Они смотрели друг на друга. Наконец умирающий заговорил.
— Помоги мне, — шепнул он хрипло. — Я больше не могу.
Она не шелохнулась. Он решил, что надо ее успокоить, что она окаменела от страха. Он сказал:
— Да. В меня стреляли. Но это ничего. — Он не знал, услышала она или нет.

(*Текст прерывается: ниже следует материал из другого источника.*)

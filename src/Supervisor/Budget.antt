-- ===== src/Supervisor/Budget.antt =====
-- The budget of restarts that a remote-control server has.
use loony_dev.Prelude.{
  arith, leb, ◌<◌, none, some, ◌++◌, Option-cases, inr, inl, text_eq, Option, Bool-cases, All, Text,
  none, some, [], ◌∷◌, ◌≤◌,
}
use loony_dev.Prelude.Dictionary.{Dict, insert, remove}
use loony_dev.Supervisor.Restarts.{
  System, Settings, RemoteControl, Servers, Effects, remove_pid_file, write_connection_file,
  restarting, sleep, remote_control_gave_up, restart_after_backoff, store, restart, on_crash,
  restart_delay, check_server, check_items, check_remote_controls,
}

module _ (os : System) (cfg : Settings) where
  -- No server of the map has been restarted more often than the settings allow.
  unfoldable pub IsWithin : Dict RemoteControl → Type 0
  IsWithin controls = All (λ e. e.1.restart_count ≤ cfg.max_restart_retries) controls

  remove-IsWithin :
      (k : Text) (controls : Dict RemoteControl) → IsWithin controls → IsWithin (remove k controls)
  unfolding IsWithin remove
  remove-IsWithin k [] h = tt
  remove-IsWithin k ((j, rcp) ∷ m) (here, rest) = elim (Bool-cases (text_eq j k)) [
    | inl e ↦ rw (remove, e) (remove-IsWithin k m rest)
    | inr e ↦ rw (remove, e) (here, remove-IsWithin k m rest)
  ]

  insert-IsWithin :
      (k : Text) (rcp : RemoteControl) (controls : Dict RemoteControl)
      → rcp.restart_count ≤ cfg.max_restart_retries
      → IsWithin controls
      → IsWithin (insert k rcp controls)
  unfolding IsWithin insert
  insert-IsWithin k rcp [] new h = (new, tt)
  insert-IsWithin k rcp ((j, old) ∷ m) new (here, rest) = elim (Bool-cases (text_eq j k)) [
    | inl e ↦ rw (insert, e) (new, rest)
    | inr e ↦ rw (insert, e) (here, insert-IsWithin k rcp m new rest)
  ]

  -- A server that was just launched is within its budget.
  IsNew : Option RemoteControl → Type 0
  IsNew none = Unit
  IsNew (some rcp) = rcp.restart_count ≤ cfg.max_restart_retries

  store-IsWithin :
      (repo : Text) (controls : Dict RemoteControl) (r : Option RemoteControl × Effects)
      → IsNew r.0
      → IsWithin controls
      → IsWithin ((store os cfg repo controls r).0.0)
  unfolding store IsNew
  store-IsWithin repo controls (none, fx) new h = h
  store-IsWithin repo controls (some rcp, fx) new h = elim (Bool-cases (os.shutdown_requested fx)) [
    | inl e ↦ rw (e) h
    | inr e ↦ rw (e) (insert-IsWithin repo rcp controls new h)
  ]

  restart_after_backoff-IsNew :
      (repo : Text) (rcp : RemoteControl) (fx : Effects)
      → rcp.restart_count < cfg.max_restart_retries
      → IsNew ((restart_after_backoff os cfg repo rcp fx).0)
  unfolding restart_after_backoff IsNew
  restart_after_backoff-IsNew repo rcp fx lt =
      let slept = fx ++ sleep (restart_delay cfg rcp.restart_count) ∷ [] in
      elim (Bool-cases (os.shutdown_requested slept)) [
        | inl e ↦ rw (e) tt
        | inr e ↦ elim (Bool-cases (os.launches slept repo)) [
          | inl k ↦ rw (e, k) (omega (arith, lt))
          | inr k ↦ rw (e, k) tt
        ]
      ]

  on_crash-IsWithin :
      (repo : Text) (rcp : RemoteControl) (controls : Dict RemoteControl) (fx : Effects)
      → IsWithin controls
      → IsWithin ((on_crash os cfg repo rcp (controls, fx)).0.0)
  unfolding on_crash restart remote_control_gave_up
  on_crash-IsWithin repo rcp controls fx h =
      elim (Bool-cases (leb cfg.max_restart_retries rcp.restart_count)) [
        | inl e ↦ rw (e) (remove-IsWithin repo controls h)
        | inr e ↦ rw (e) (
            store-IsWithin repo controls
              (restart_after_backoff os cfg repo rcp
                ((fx ++ remove_pid_file repo ∷ []) ++ write_connection_file repo restarting ∷ []))
              (restart_after_backoff-IsNew repo rcp
                ((fx ++ remove_pid_file repo ∷ []) ++ write_connection_file repo restarting ∷ [])
                (ground (arith, e)))
              h)
      ]

  check_server-IsWithin :
      (repo : Text) (rcp : RemoteControl) (controls : Dict RemoteControl) (fx : Effects)
      → IsWithin controls
      → IsWithin ((check_server os cfg repo rcp (controls, fx)).0.0)
  unfolding check_server
  check_server-IsWithin repo rcp controls fx h = elim (Option-cases (os.exitcode fx repo)) [
    | inl e ↦ rw (check_server, e) h
    | inr (rc, e) ↦ elim (Bool-cases (os.graceful_shutdown fx)) [
      | inl k ↦ rw (check_server, e, k) (remove-IsWithin repo controls h)
      | inr k ↦ rw (check_server, e, k) (on_crash-IsWithin repo rcp controls fx h)
    ]
  ]

  check_items-IsWithin :
      (items : Dict RemoteControl) (servers : Servers)
      → IsWithin servers.0
      → IsWithin ((check_items os cfg items servers).0)
  unfolding check_items
  check_items-IsWithin [] servers h = h
  check_items-IsWithin ((repo, rcp) ∷ items) (controls, fx) h =
      let after = check_server-IsWithin repo rcp controls fx h in
      elim (Bool-cases ((check_server os cfg repo rcp (controls, fx)).1)) [
        | inl e ↦ rw (e) after
        | inr e ↦
            rw (e)
              (check_items-IsWithin items ((check_server os cfg repo rcp (controls, fx)).0) after)
      ]

  -- No health check restarts a server beyond its budget: if no server of the map has been restarted
  -- more than max_restart_retries times before the check, none has after it.
  pub check_remote_controls-IsWithin :
      (controls : Dict RemoteControl) (fx : Effects)
      → IsWithin controls
      → IsWithin ((check_remote_controls os cfg (controls, fx)).0)
  unfolding check_remote_controls
  check_remote_controls-IsWithin controls fx h = check_items-IsWithin controls (controls, fx) h
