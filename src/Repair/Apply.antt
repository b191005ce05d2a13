-- ===== src/Repair/Apply.antt =====
-- `apply_repairs`: the guards, the audit and the steps of an application. Every call that leaves the module is
-- a `Call` that the host answers, and a run keeps the calls that it has made with their answers, latest first. The audit's
-- paths, times and texts are left out.
pub mod Steps
pub mod Guarded
pub mod Outcome
use nautilus_acornfs.Prelude.{
  ℕ, suc, Bool, true, false, ◌&&◌, ◌||◌, not, List, [], ◌∷◌, ◌++◌, any, if◌then◌else◌,
}
use nautilus_acornfs.Prelude.Text.{Text, codes, text_eq}
use nautilus_acornfs.Prelude.Result.{
  Error, Result, ok, err, acornfs_error, os_error, file_not_found, file_exists, is_a_directory,
  not_a_directory, permission_error, memory_error,
}
use nautilus_acornfs.Prelude.Exec.{Exec, pure, raise, raise_when, modify, reads, gets, ◌>>=◌, ◌>>◌}
use nautilus_acornfs.Validation.Findings.{Finding, Report, fatal_findings}
use nautilus_acornfs.Repair.{
  RepairAction, RepairPlan, plan_repairs_from_report, is_none_left, clean, application_supported,
}

pub data Status : Type 0 where
  planned applying verified completed failed : Status

-- The parts of the audit that change.
pub record Payload : Type 0 where
  pub status : Status
  pub checkpoint_created : Bool
  pub checkpoint_retained : Bool
  pub applied_actions : List RepairAction
  pub post_validation : List Report

pub data Call : Type 0 where
  checkpoint report_progress open_image close_image close_unclean pad_reserved_tail : Call
  apply_catalogue_repair : Text → List Text → Call
  write_audit : Payload → Call

-- The answer to each call, and the integrity report, by the number of calls before it.
pub record Host : Type 0 where
  pub answer : ℕ → Result (Unit {0})
  pub integrity_report : ℕ → Result Report

pub record Run : Type 0 where
  pub made : ℕ
  pub calls : List (Call × Result (Unit {0}))
  pub payload : Payload
  pub image_open : Bool
  pub checkpoint_completed : Bool

pub record Request : Type 0 where
  pub pair : Result Text
  pub confirmation : Text
  pub report : Result Report

abbrev pub planned_payload : Payload
planned_payload = record {
  status = planned;
  checkpoint_created = false;
  checkpoint_retained = false;
  applied_actions = [];
  post_validation = [];
}

-- `(OSError, MemoryError)`, with the subclasses of `OSError`
abbrev pub is_caught : Error → Bool
is_caught memory_error = true
is_caught os_error = true
is_caught file_not_found = true
is_caught file_exists = true
is_caught is_a_directory = true
is_caught not_a_directory = true
is_caught permission_error = true
is_caught _ = false

module _ (h : Host) where
  abbrev pub perform : Call → Exec Run (Unit {0})
  perform call s =
      (h.answer s.made, record s { made = suc s.made; calls = (call, h.answer s.made) ∷ s.calls })

  -- `_write_audit(audit_path, payload)`
  abbrev pub write : Exec Run (Unit {0})
  write s = perform (write_audit s.payload) s

  abbrev pub update : (Payload → Payload) → Exec Run (Unit {0})
  update f = modify (λ s. record s { payload = f s.payload })

  abbrev pub repair_call : RepairAction → Call
  repair_call action =
      if text_eq action.action (codes "pad_reserved_tail")
      then pad_reserved_tail
      else apply_catalogue_repair action.action action.paths

  -- From the revalidation to the audit that says that repairs are applied.
  unfoldable pub prepare : Exec Run (Unit {0})
  prepare = do
    perform report_progress
    perform open_image
    modify (λ s. record s { image_open = true })
    perform report_progress
    update (λ p. record p { status = applying; checkpoint_created = true })
    write

  -- The loop over the actions.
  unfoldable pub apply_actions : List RepairAction → Exec Run (Unit {0})
  apply_actions [] = pure tt
  apply_actions (action ∷ actions) = do
    perform checkpoint
    perform report_progress
    perform (repair_call action)
    update (λ p. record p { applied_actions = p.applied_actions ++ (action ∷ []) })
    write
    apply_actions actions

-- Whether a finding has a code that the plan was to repair.
abbrev pub is_planned : List RepairAction → Finding → Bool
is_planned actions f = any (λ action. any (text_eq f.code) action.finding_codes) actions

abbrev pub remains : RepairPlan → Report → Bool
remains plan report =
    not (is_none_left (fatal_findings report)) || any (is_planned plan.actions) report.findings

module _ (h : Host) where
  -- The verification of the repaired image.
  unfoldable pub verify : RepairPlan → Exec Run Report
  verify plan = do
    perform h report_progress
    report ← reads (λ s. h.integrity_report s.made)
    raise_when (remains plan report) acornfs_error
    update h (λ p. record p { status = verified; post_validation = report ∷ [] })
    write h
    pure report

  -- The end of the checkpoint, and of the audit.
  unfoldable pub finish : Exec Run (Unit {0})
  finish = do
    perform h report_progress
    perform h close_image
    modify (λ s. record s { checkpoint_completed = true; image_open = false })
    update h (λ p. record p { status = completed })
    write h
    perform h report_progress

  unfoldable pub apply_plan : RepairPlan → Exec Run Report
  apply_plan plan = do
    prepare h
    apply_actions h plan.actions
    report ← verify plan
    finish
    pure report

  -- `with suppress(Exception): image.close(clean=False)`, if the image is open
  abbrev pub close_if : Bool → Run → Run
  close_if false s = s
  close_if true s = record (perform h close_unclean s).1 { image_open = false }

  abbrev pub failed_payload : Run → Payload
  failed_payload s = record s.payload {
    status = failed;
    checkpoint_retained = s.payload.checkpoint_created && not s.checkpoint_completed;
  }

  -- `with suppress(OSError, MemoryError)`, and the error that is raised in the end
  abbrev after_failure : Result (Unit {0}) → Error
  after_failure (ok done) = acornfs_error
  after_failure (err error) = if is_caught error then acornfs_error else error

  abbrev fail : Exec Run Report
  fail s =
      let closed = close_if s.image_open s in
      let (result, after) = write h (record closed { payload = failed_payload closed }) in
      (err (after_failure result), after)

  abbrev pub recovered : Result Report → Exec Run Report
  recovered (ok report) = pure report
  recovered (err error) = fail

  -- `except Exception`
  abbrev pub attempted : Exec Run Report → Exec Run Report
  attempted m s = let (result, after) = m s in recovered result after

  abbrev mandatory : Result (Unit {0}) → Exec Run (Unit {0})
  mandatory (ok done) = pure tt
  mandatory (err error) = raise (if is_caught error then acornfs_error else error)

  -- The audit that must be written before anything else.
  unfoldable pub create_audit : Exec Run (Unit {0})
  create_audit s =
      let (result, after) = (write h >> perform h report_progress) s in mandatory result after

  -- The guards before anything is written: confirmation, and a plan that is needed and supported.
  unfoldable pub admit : Request → Exec Run RepairPlan
  admit q = do
    perform h checkpoint
    perform h report_progress
    name ← reads (λ s. q.pair)
    raise_when (not (text_eq q.confirmation name)) acornfs_error
    report ← reads (λ s. q.report)
    let plan = plan_repairs_from_report report
    perform h report_progress
    raise_when (clean plan) acornfs_error
    raise_when (not (application_supported plan)) acornfs_error
    pure plan

  unfoldable pub apply_repairs : Request → Exec Run Report
  apply_repairs q = do
    plan ← admit q
    modify (λ s. record s { payload = planned_payload })
    create_audit
    attempted (apply_plan plan)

И тут Франсина поняла. Ее любимый пристрелил этого старика. В мгновение ока, как при вспышке молнии, ей было видение: Андерс с петлей на шее. И тотчас к ней вернулось что-то от прежних сил, как вымывает обломки вашего корабля к вам на необитаемый берег. Что вы ни натворил Андерс, они с ним — одно. Пусть он смертельно ее оскорбил, и она убежала, и ни за что не хотела снова видеть его — все не важно.
Она стояла и смотрела, как из ран старика хлещет кровь и окрашивает ступени. Словно по волшебству, кровь эта ей успокоила сердце. Красное сияние высветлило, что сама она во всем виновата. И сразу ей полегчало. Думать, что виноват Андерс, было выше ее сил. Красная кровь и разливавшаяся заря мешались в одно, облегчая душу. Тьма рассеивалась.
Вот она убежала, а он доказал, что ее любит. И знают про это только она да старик.
Как менада, волосы разметав, стала она толкать, раскачивать, выламывать из ограды большой плоский камень. Потом минуту стояла, держа его обеими руками, прижимая к груди, как родное дитя, обращенное в камень чарами злого волшебника.
Советнику уже заволакивало взгляд. Что-то он еще хотел сказать. Надо было спешить. Боясь, что голос опять изменит, он проволок по земле правую руку и коснулся ее голой ноги. Такая чувствительная к прикосновениям, она даже не шелохнулась, будто не заметила. Она забыла о своем теле.
Девочка моя бедная, нежный, верный друг мой, — сказал он. — Послушай. Все хорошо, все, все!
Блаженны, — сказал он, — блаженны мы с тобою, Франсина. Блаженны куклы. Марионетки.
Ему пришлось перевести дух, еще так много надо было сказать ей.
Он выдавил, очень медленно:
— В жизни одна задача — что-нибудь значить. В смерти одно утешение — наше значение.
Больше он ничего не мог и ударился о ступеньку лицом.